La discussion générale commencera à 13 heures et se poursuivra jusqu’à 17 heures, date à laquelle Meloni répondra. Les explications de vote sont prévues de 17h30 à 19h, quand commencera “l’appel” à la confiance. Le résultat du vote est attendu vers 20h30. Le vote de confiance au Sénat est prévu pour le lendemain, mercredi.

Factures chères, inflation et dossiers de retraite sur la table

Pas de préjugés des syndicats et des entreprises, mais la demande de discussion et de réponses aux urgences. Les factures onéreuses pour les familles et les entreprises, la perte de pouvoir d’achat pour les revenus, la réforme des retraites pour surmonter la loi Fornero et donner la possibilité de partir avant 67 ans : ce sont quelques-unes des priorités à aborder et en ce moment il est plus nécessaire que jamais de les affronter « ensemble ». Aux mêmes heures où le nouvel exécutif prêtait serment au Quirinal, Cgil Cisl et Uil – sur la place avec les dirigeants Maurizio Landini, Luigi Sbarra et Pierpaolo Bombardieri pour la manifestation nationale sur la sécurité au travail – ont d’abord demandé à être impliqués : trop tôt pour une évaluation, « Nous jugerons du mérite » de l’action, ont-ils répété dans le même sens.

L’ouverture du ministre Calderone

Et sur la confrontation, les partenaires sociaux ont immédiatement trouvé le soutien de la nouvelle ministre du Travail, Marina Calderone, qui a assuré la volonté de poursuivre “un dialogue renouvelé”, précisément pour que “des solutions partagées puissent être trouvées” au profit des monde de l’entreprise, des salariés et des travailleurs indépendants.
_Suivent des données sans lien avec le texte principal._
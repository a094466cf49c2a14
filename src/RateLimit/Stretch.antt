-- ===== src/RateLimit/Stretch.antt =====
-- A stretch of calls of Limiter.Allow no longer than the window (internal/platform/ratelimit).
use payment_engine_v.Base.{ℕ, ◌+◌, ◌≤◌, ◌<◌, List, [], ◌∷◌, ◌≡◌, refl, arith, inl, inr, All}
use payment_engine_v.RateLimit.Limiter.{Bucket, Floats, fresh, rotate, allow_one}
use payment_engine_v.RateLimit.Bounds.{
  IsRounded, IsOrdered, admitted_from, within_two, rotate_within, rotate_next, turned, le_cases,
}

pub All-below : (a b : ℕ) (times : List ℕ) → a ≤ b → All (λ u. u < a) times → All (λ u. u < b) times
All-below a b [] h all = tt
All-below a b (u ∷ times) h all = (omega (arith, h, all.0), All-below a b times h all.1)

rotate_idle :
    (window now : ℕ) (b : Bucket)
    → b.window_start + window + window ≤ now
    → rotate window now b ≡ fresh now
unfolding rotate
rotate_idle window now b h = ground arith

module _ (floats : Floats) (window limit : ℕ) where
  -- A bucket counts like the one that it turns into.
  admitted_turned :
      (u : ℕ) (times : List ℕ) (b c : Bucket)
      → rotate window u b ≡ c
      → rotate window u c ≡ c
      → admitted_from floats window limit (u ∷ times) b
        ≡ admitted_from floats window limit (u ∷ times) c
  unfolding admitted_from allow_one
  admitted_turned u times b c p q = rw (p, q) refl

  -- From a window that the first call stands in.
  from_here :
      (t u : ℕ) (times : List ℕ) (d : Bucket)
      → IsRounded floats
      → 0 < window
      → t ≤ u
      → IsOrdered u times
      → All (λ x. x < t + window) (u ∷ times)
      → d.window_start ≤ u
      → u < d.window_start + window
      → d.curr_count ≤ limit
      → admitted_from floats window limit (u ∷ times) d ≤ limit + limit
  from_here t u times d rounded w before o h p q k = omega (
    arith,
    within_two floats window limit (u ∷ times) d rounded w (p, o)
        (All-below (t + window) (d.window_start + window + window) (u ∷ times)
          (omega (arith, before, q)) h)
        k,
  )

  pub within_stretch :
      (t : ℕ) (times : List ℕ) (b : Bucket)
      → IsRounded floats
      → 0 < window
      → b.window_start ≤ t
      → IsOrdered t times
      → All (λ u. u < t + window) times
      → b.curr_count ≤ limit
      → admitted_from floats window limit times b ≤ limit + limit
  unfolding admitted_from
  within_stretch t [] b rounded w s o h c = ground arith
  within_stretch t (u ∷ times) b rounded w s o h c =
      elim (le_cases (b.window_start + window + window) u) [
        | inl idle ↦
            rw
              (admitted_turned u times b (fresh u) (rotate_idle window u b idle)
                (rotate_within window u (fresh u) (omega arith) (omega (arith, w))))
              (from_here t u times (fresh u) rounded w o.0 o.1 h (omega arith) (omega (arith, w))
                (omega arith))
        | inr recent ↦ elim (le_cases (b.window_start + window) u) [
          | inl over ↦
              rw
                (admitted_turned u times b (turned window b) (rotate_next window u b over recent)
                  (rotate_within window u (turned window b) over recent))
                (from_here t u times (turned window b) rounded w o.0 o.1 h over recent
                  (omega arith))
          | inr inside ↦ from_here t u times b rounded w o.0 o.1 h (omega (arith, s, o.0)) inside c
        ]
      ]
Parmi les premières questions à aborder, outre le revenu de citoyenneté, il y aura justement la question des retraites : « Je n’échapperai pas aux enjeux, nous les aborderons aussi en écoutant les demandes des partenaires sociaux et de tous les sujets qui apportent des contributions importantes », a-t-il assuré à Cauldron.

Les revendications des syndicats

« Nous avons besoin d’un accord sur les retraites maintenant. Pour éviter l’escalier de la loi Fornero » à partir du 1er janvier 2023, insiste Sbarra, précisant que « nous n’accepterons pas de sanctions qui font peser le coût de la crise sur les épaules des plus faibles ». Pour aboutir, poursuit-il, « une réforme qui donne stabilité et inclusivité au système de sécurité sociale. Garantir à chacun, à commencer par les jeunes, des chèques décents ». « Nous espérons être impliqués. S’il nous écoute, il aura notre consentement”, précise aussitôt le dirigeant de la CGIL après avoir souligné comment “nous disons aussi ceci au nouveau gouvernement : pour aborder la question de la santé et de la sécurité au travail, il faut d’abord surmonter l’emploi l’insécurité et, deuxième point, enfin faire une loi qui empêche la logique de la remise maximale ».